▸ **THE PROBLEM**: Look for "-- core/gate/predicate.py: the" in the entries below. Then write out exactly the line that holds it and every line after it, to the last, and nothing else.

Stored items from a collection:
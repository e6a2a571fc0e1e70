-- ===== src/Examples/Matches.antt =====
-- A run of the choice of a bypass rule.
use decision_ledger.Prelude.{◌≡◌, refl, some, [], ◌∷◌}
use decision_ledger.Prelude.Number.{pos}
use decision_ledger.Prelude.Text.{remove_prefix}
use decision_ledger.Actions.{severity, challenge}
use decision_ledger.Predicate.{integer, evaluate, resolve, lookup, compare_node}
use decision_ledger.Registration.{BypassRule, ReasonerRegistration}
use decision_ledger.Submission.{ReasonerContext}
use decision_ledger.Bypass.{evaluate_bypass, evaluate_rules, matching_bypass_rule}
use decision_ledger.Bypass.Matching.{matching_bypass_rule-justified}
use decision_ledger.Decision.Exact.{justified}
use decision_ledger.Examples.Data.{cards, trusted}

abbrev watched : BypassRule
watched = record trusted { rule_id = "watched"; action = challenge }

abbrev two_rules : ReasonerRegistration
two_rules = record cards { bypass_rules = trusted ∷ watched ∷ [] }

abbrev older : ReasonerContext
older = record {
  reasoner_id = "cards";
  subject = record { label_value = integer (pos 1); feature_set = ("age", integer (pos 7)) ∷ [] };
}

watched-matches : matching_bypass_rule two_rules older ≡ some watched
unfolding matching_bypass_rule evaluate_bypass evaluate resolve lookup compare_node remove_prefix
watched-matches = refl

matching_bypass_rule-justified_example :
    severity challenge ≡ justified (evaluate_rules (trusted ∷ watched ∷ []) older)
matching_bypass_rule-justified_example =
    matching_bypass_rule-justified older two_rules watched watched-matches
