-- ===== src/Predicate/Valid.antt =====
-- core/gate/predicate.py: the model validators of a predicate, and what they guarantee of its
-- evaluation.
use decision_ledger.Prelude.{
  String, Bool, true, false, ◌&&◌, ◌||◌, Option, none, some, ◌∷◌, ◌==◌, if◌then◌else◌,
}
use decision_ledger.Prelude.Text.{after_prefix}
use decision_ledger.Predicate.{
  CompareOp, lt, le, gt, ge, is_in, not_in, Operand, scalar, items, Compare, Predicate, compare,
  all_of, any_of, negation, Predicates, nil, cons, label_field, feature_prefix, is_number,
}

is_filled : Option String → Bool
is_filled none = false
is_filled (some rest) = if rest == "" then false else true

-- `_field_is_addressable`
unfoldable pub is_addressable : String → Bool
unfolding is_filled
is_addressable field = field == label_field || is_filled (after_prefix feature_prefix field)

-- `_ORDERING_OPS`
abbrev pub is_ordering : CompareOp → Bool
is_ordering lt = true
is_ordering le = true
is_ordering gt = true
is_ordering ge = true
is_ordering _ = false

fits : CompareOp → Operand → Bool
fits is_in (items (v ∷ vs)) = true
fits is_in _ = false
fits not_in (items (v ∷ vs)) = true
fits not_in _ = false
fits op (items vs) = false
fits op (scalar v) = if is_ordering op then is_number v else true

-- `_value_fits_op`
unfoldable pub value_fits_op : Compare → Bool
unfolding fits
value_fits_op node = fits node.op node.value

-- What `parse_predicate` accepts; a conjunction and a disjunction have a child.
unfoldable mutual
  pub is_valid : Predicate → Bool
  is_valid (compare node) = is_addressable node.field && value_fits_op node
  is_valid (all_of nil) = false
  is_valid (all_of (cons p ps)) = is_valid p && are_valid ps
  is_valid (any_of nil) = false
  is_valid (any_of (cons p ps)) = is_valid p && are_valid ps
  is_valid (negation p) = is_valid p

  pub are_valid : Predicates → Bool
  are_valid nil = true
  are_valid (cons p ps) = is_valid p && are_valid ps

▸ **EXERCISE RESPONSE**:
-- core/gate/predicate.py: the model validators of a predicate, and what they guarantee of its
-- evaluation.
use decision_ledger.Prelude.{
  String, Bool, true, false, ◌&&◌, ◌||◌, Option, none, some, ◌∷◌, ◌==◌, if◌then◌else◌,
}
use decision_ledger.Prelude.Text.{after_prefix}
use decision_ledger.Predicate.{
  CompareOp, lt, le, gt, ge, is_in, not_in, Operand, scalar, items, Compare, Predicate, compare,
  all_of, any_of, negation, Predicates, nil, cons, label_field, feature_prefix, is_number,
}

is_filled : Option String → Bool
is_filled none = false
is_filled (some rest) = if rest == "" then false else true

-- `_field_is_addressable`
unfoldable pub is_addressable : String → Bool
unfolding is_filled
is_addressable field = field == label_field || is_filled (after_prefix feature_prefix field)

-- `_ORDERING_OPS`
abbrev pub is_ordering : CompareOp → Bool
is_ordering lt = true
is_ordering le = true
is_ordering gt = true
is_ordering ge = true
is_ordering _ = false

fits : CompareOp → Operand → Bool
fits is_in (items (v ∷ vs)) = true
fits is_in _ = false
fits not_in (items (v ∷ vs)) = true
fits not_in _ = false
fits op (items vs) = false
fits op (scalar v) = if is_ordering op then is_number v else true

-- `_value_fits_op`
unfoldable pub value_fits_op : Compare → Bool
unfolding fits
value_fits_op node = fits node.op node.value

-- What `parse_predicate` accepts; a conjunction and a disjunction have a child.
unfoldable mutual
  pub is_valid : Predicate → Bool
  is_valid (compare node) = is_addressable node.field && value_fits_op node
  is_valid (all_of nil) = false
  is_valid (all_of (cons p ps)) = is_valid p && are_valid ps
  is_valid (any_of nil) = false
  is_valid (any_of (cons p ps)) = is_valid p && are_valid ps
  is_valid (negation p) = is_valid p

  pub are_valid : Predicates → Bool
  are_valid nil = true
  are_valid (cons p ps) = is_valid p && are_valid ps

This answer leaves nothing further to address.